• WORK TASK:
Write out exactly what each line says, starting with the first line below and ending on the one with "set_int value line (some".

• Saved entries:
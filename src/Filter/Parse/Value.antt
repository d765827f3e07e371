-- ===== src/Filter/Parse/Value.antt =====
-- `setFilterValue` of lmd/filter.go.
use lmd.Prelude.{true, Option, none, some, List, [], ◌∷◌, Bytes, codes, Result, ok, err}
use lmd.Prelude.Int.{ℤ, pos}
use lmd.Runtime.{Go, raised, index_out_of_range}
use lmd.BadRequest.{Failure, bad, panicked, not_an_integer, not_a_float, custom_variable_form}
use lmd.Objects.{
  Column, ColumnType, string_col, string_list_col, int_col, int_list_col, float_col, time_col,
  custom_var_col, virt_col,
}
use lmd.Objects.Virtual.{virt_key}
use lmd.Text.{split_n}
use lmd.Text.Decimal.{atoi}
use lmd.Filter.{Condition}

-- a virtual column has the type of its entry in `VirtKeyMap`
abbrev pub value_type : Column → ColumnType → ColumnType
value_type col virt_col = (virt_key col.name).col_type
value_type col t = t

module _ (go : Go) where
  open go use {Float, of_int, parse_float}

  -- A text that is no number is accepted only if it is empty; the value is then 0.
  unfoldable pub set_int : Bytes → Bytes → Option ℤ → Condition go → Result Failure (Condition go)
  set_int value line (some i) c = ok (record c { float_value = of_int i })
  set_int [] line none c = ok (record c { float_value = of_int (pos 0) })
  set_int (x ∷ value) line none c = err (bad (not_an_integer (x ∷ value) line))

  unfoldable pub set_float :
      Bytes → Bytes → Option Float → Condition go → Result Failure (Condition go)
  set_float value line (some f) c = ok (record c { float_value = f })
  set_float [] line none c = ok (record c { float_value = of_int (pos 0) })
  set_float (x ∷ value) line none c = err (bad (not_a_float (x ∷ value) line))

  unfoldable pub set_custom : Bytes → List Bytes → Condition go → Result Failure (Condition go)
  set_custom line [] c = err (panicked index_out_of_range)
  set_custom line ([] ∷ _) c = err (bad (custom_variable_form line))
  set_custom line ((x ∷ tag) ∷ []) c = ok (record c { is_empty = true; custom_tag = x ∷ tag })
  set_custom line ((x ∷ tag) ∷ value ∷ _) c =
      ok (record c { str_value = value; custom_tag = x ∷ tag })

  unfoldable pub set_typed :
      ColumnType → Bytes → Bytes → Condition go → Result Failure (Condition go)
  unfolding set_int set_float set_custom
  set_typed int_list_col value line c = set_int value line (atoi value) c
  set_typed time_col value line c = set_int value line (atoi value) c
  set_typed int_col value line c = set_int value line (atoi value) c
  set_typed float_col value line c = set_float value line (parse_float value) c
  set_typed custom_var_col value line c = set_custom line (split_n value (codes " ") 2) c
  set_typed string_list_col value line c = ok (record c { str_value = value })
  set_typed string_col value line c = ok (record c { str_value = value })
  set_typed _ value line c = err (panicked raised)

  unfoldable pub set_filter_value :
      Column → Bytes → Bytes → Condition go → Result Failure (Condition go)
  unfolding set_typed
  set_filter_value col [] line c =
      set_typed (value_type col col.col_type) [] line (record c { is_empty = true })
  set_filter_value col (x ∷ value) line c =
      set_typed (value_type col col.col_type) (x ∷ value) line c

• ANSWER FOR THE TASK:
filename src/Filter/Parse/Value.antt
repository d765827f3e07e371
-- ===== src/Filter/Parse/Value.antt =====
-- `setFilterValue` of lmd/filter.go.
use lmd.Prelude.{true, Option, none, some, List, [], ◌∷◌, Bytes, codes, Result, ok, err}
use lmd.Prelude.Int.{ℤ, pos}
use lmd.Runtime.{Go, raised, index_out_of_range}
use lmd.BadRequest.{Failure, bad, panicked, not_an_integer, not_a_float, custom_variable_form}
use lmd.Objects.{
  Column, ColumnType, string_col, string_list_col, int_col, int_list_col, float_col, time_col,
  custom_var_col, virt_col,
}
use lmd.Objects.Virtual.{virt_key}
use lmd.Text.{split_n}
use lmd.Text.Decimal.{atoi}
use lmd.Filter.{Condition}

-- a virtual column has the type of its entry in `VirtKeyMap`
abbrev pub value_type : Column → ColumnType → ColumnType
value_type col virt_col = (virt_key col.name).col_type
value_type col t = t

module _ (go : Go) where
  open go use {Float, of_int, parse_float}

  -- A text that is no number is accepted only if it is empty; the value is then 0.
  unfoldable pub set_int : Bytes → Bytes → Option ℤ → Condition go → Result Failure (Condition go)
  set_int value line (some i) c = ok (record c { float_value = of_int i })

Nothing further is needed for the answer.